TechFlow annonce que, le 6 avril, selon le blog officiel, Arc, la blockchain institutionnelle développée par Circle, a publié une feuille de route en plusieurs étapes pour la mise à niveau vers la cryptographie post-quantique (PQ). Cette feuille de route prévoit d’intégrer dès le lancement du réseau principal une solution de signature post-quantique, puis d’étendre progressivement cette protection à l’ensemble de la pile technique : confidentialité des états privés, renforcement des infrastructures et authentification des validateurs.

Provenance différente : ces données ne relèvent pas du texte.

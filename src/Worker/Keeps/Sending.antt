-- ===== src/Worker/Keeps/Sending.antt =====
-- What the sending of the spool keeps (src/openlinker/runtime/worker.py).
use openlinker_python.Prelude.{ℕ, List, [], ◌∷◌, Text}
use openlinker_python.Json.{Json}
use openlinker_python.Platform.{Platform}
use openlinker_python.Errors.{Result}
use openlinker_python.Exec.{Exec}
use openlinker_python.Store.Records.{AssignmentRecord, EventRecord, ResultRecord}
use openlinker_python.Store.Memory.{memory_ready}
use openlinker_python.Store.Methods as store
use openlinker_python.Store.Preserves.Events.{ack_event-IsConsistent}
use openlinker_python.Worker.Attempts.{
  Worker, on_store, Meanwhile, Wait, for_event, for_event_again,
}
use openlinker_python.Worker.Deliver.{
  deliver_event, deliver_events, flush_pending, replay_ranges, Answers, missing_ranges, send_result,
  settle, flush_result, flush_attempt_spool, catching_terminal, flush_each, flush_spool,
}
use openlinker_python.Worker.Keeps.{
  IsKept, Keeps, change-Keeps, pure-Keeps, raise-Keeps, read-Keeps, await-Keeps, bind-Keeps,
  if-Keeps, option-Keeps, result-Keeps, delete-Keeps, ack_result-Keeps, clear-Keeps,
}
use openlinker_python.Worker.Keeps.Taking.{revoke_when_free-Keeps}

module _ ⦃p : Platform⦄ (P : Worker → Type 0) (k : IsKept P) where
  ack_event-Keeps :
      (a id : Text) (seq now : ℕ) → Keeps P (on_store (store.ack_event memory_ready a id seq now))
  unfolding Keeps
  ack_event-Keeps a id seq now w x =
      k.stored w _ (λ v. ack_event-IsConsistent memory_ready w.store v a id seq now) x

  module _ (send : EventRecord → Result Json) (waits : EventRecord → Worker → Worker)
      (others : (e : EventRecord) (w : Worker) → P w → P (waits e w)) (a : Text) (now : ℕ) where
    deliver_event-Keeps : (e : EventRecord) → Keeps P (deliver_event send waits a e now)
    unfolding deliver_event
    deliver_event-Keeps e =
        bind-Keeps P _ _ (await-Keeps P _ _ (others e))
          λ ack. bind-Keeps P _ _ (read-Keeps P _) λ _. ack_event-Keeps a _ _ now

    deliver_events-Keeps : (es : List EventRecord) → Keeps P (deliver_events send waits a es now)
    unfolding deliver_events
    deliver_events-Keeps [] = pure-Keeps P _
    deliver_events-Keeps (e ∷ es) =
        bind-Keeps P _ _ (deliver_event-Keeps e) λ _. deliver_events-Keeps es

    flush_pending-Keeps : Keeps P (flush_pending send waits a now)
    unfolding flush_pending
    flush_pending-Keeps = bind-Keeps P _ _ (read-Keeps P _) λ es. deliver_events-Keeps es

    replay_ranges-Keeps : (ranges : List (ℕ × ℕ)) → Keeps P (replay_ranges send waits a ranges now)
    unfolding replay_ranges
    replay_ranges-Keeps ranges = bind-Keeps P _ _ (read-Keeps P _) λ es. deliver_events-Keeps es

module _ ⦃p : Platform⦄ (P : Worker → Type 0) (k : IsKept P) (meanwhile : Meanwhile)
    (others : (x : Wait) (w : Worker) → P w → P (meanwhile x w)) where
  send_result-Keeps : (s : Answers) (a : Text) (now : ℕ) → Keeps P (send_result meanwhile s a now)
  unfolding send_result
  send_result-Keeps s a now = bind-Keeps P _ _ (await-Keeps P _ _ (others _)) λ _.
      result-Keeps P s.result _ _
        (λ e. option-Keeps P (missing_ranges e) _ _ (raise-Keeps P _ _) (λ ranges.
          bind-Keeps P _ _
            (replay_ranges-Keeps P k s.event_again _ (λ x. others (for_event_again x)) a now ranges)
            λ _. await-Keeps P _ _ (others _)))
        (λ ack. pure-Keeps P _)

  settle-Keeps :
      (s : Answers) (r : AssignmentRecord) (y : ResultRecord) (now : ℕ)
      → Keeps P (settle meanwhile s r y now)
  unfolding settle
  settle-Keeps s r y now = bind-Keeps P _ _ (send_result-Keeps s _ now) λ ack.
      bind-Keeps P _ _ (read-Keeps P _) λ _. bind-Keeps P _ _ (ack_result-Keeps P k _ _ now) λ _.
        bind-Keeps P _ _ (clear-Keeps P k _) λ _.
          bind-Keeps P _ _ (delete-Keeps P k _)
            λ _. change-Keeps P _ (λ w x. k.removed _ _ (k.permitted w _ x))

  flush_result-Keeps :
      (s : Answers) (r : AssignmentRecord) (now : ℕ) → Keeps P (flush_result meanwhile s r now)
  unfolding flush_result
  flush_result-Keeps s r now = bind-Keeps P _ _ (read-Keeps P _) λ left.
      if-Keeps P _ _ _ (pure-Keeps P _) (
        bind-Keeps P _ _ (read-Keeps P _)
          λ found. option-Keeps P found _ _ (pure-Keeps P _) (λ y. settle-Keeps s r y now))

  flush_attempt_spool-Keeps :
      (s : Answers) (r : AssignmentRecord) (now : ℕ)
      → Keeps P (flush_attempt_spool meanwhile s r now)
  unfolding flush_attempt_spool
  flush_attempt_spool-Keeps s r now = bind-Keeps P _ _ (read-Keeps P _) λ permission.
      option-Keeps P permission _ _ (pure-Keeps P _) (λ q.
        bind-Keeps P _ _
          (if-Keeps P q.0 _ _ (flush_pending-Keeps P k s.event _ (λ x. others (for_event x)) _ now)
            (pure-Keeps P _))
          λ _. if-Keeps P q.1 _ _ (flush_result-Keeps s r now) (pure-Keeps P _))

  catching_terminal-Keeps : (m : Exec Worker (Unit {0})) → Keeps P m → Keeps P (catching_terminal m)
  unfolding Keeps catching_terminal
  catching_terminal-Keeps m h w x = h w x

  flush_each-Keeps :
      (answers : Text → Answers) (rs : List AssignmentRecord) (now : ℕ)
      → Keeps P (flush_each meanwhile answers rs now)
  unfolding flush_each
  flush_each-Keeps answers [] now = pure-Keeps P _
  flush_each-Keeps answers (r ∷ rs) now = bind-Keeps P _ _ (await-Keeps P _ _ (others _)) λ _.
      bind-Keeps P _ _ (catching_terminal-Keeps _ (flush_attempt_spool-Keeps _ r now)) λ ended.
        bind-Keeps P _ _
          (if-Keeps P ended _ _ (revoke_when_free-Keeps P k meanwhile others r now)
            (pure-Keeps P _))
          λ _. flush_each-Keeps answers rs now

  pub flush_spool-Keeps :
      (answers : Text → Answers) (now : ℕ) → Keeps P (flush_spool meanwhile answers now)
  unfolding flush_spool
  flush_spool-Keeps answers now =
      bind-Keeps P _ _ (read-Keeps P _) λ rs. flush_each-Keeps answers rs now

Dès son lancement, le réseau principal d’Arc prendra en charge les signatures post-quantiques via un mécanisme d’activation optionnelle (opt-in), sans obligation de migration ni réinitialisation globale du réseau. Les utilisateurs pourront ainsi créer librement des portefeuilles dotés d’une sécurité à long terme. L’objectif immédiat consiste à étendre la résistance quantique jusqu’à la couche de machine virtuelle privée (VM), afin de protéger les soldes confidentiels, les transactions privées et les destinataires secrets ; dans le mode privé, les clés publiques seront en outre encapsulées dans une couche de chiffrement symétrique. À moyen terme, Arc prévoit de mettre à niveau sa couche d’infrastructure afin de s’aligner sur des standards industriels tels que TLS 1.3, couvrant notamment le contrôle d’accès, les environnements cloud et les modules matériels de sécurité (HSM). L’objectif à long terme est de renforcer la signature des validateurs : étant donné que le temps de finalisation des blocs sur Arc est inférieur à une seconde, le risque d’attaque quantique à ce niveau est actuellement jugé relativement limité ; cette étape sera donc menée progressivement, une fois que les outils post-quantiques dédiés au consensus auront atteint leur maturité.
Circle met également en garde contre la stratégie d’attaque « collecter maintenant, déchiffrer plus tard » : les institutions sont invitées à planifier dès à présent leur transition vers des solutions cryptographiques post-quantiques.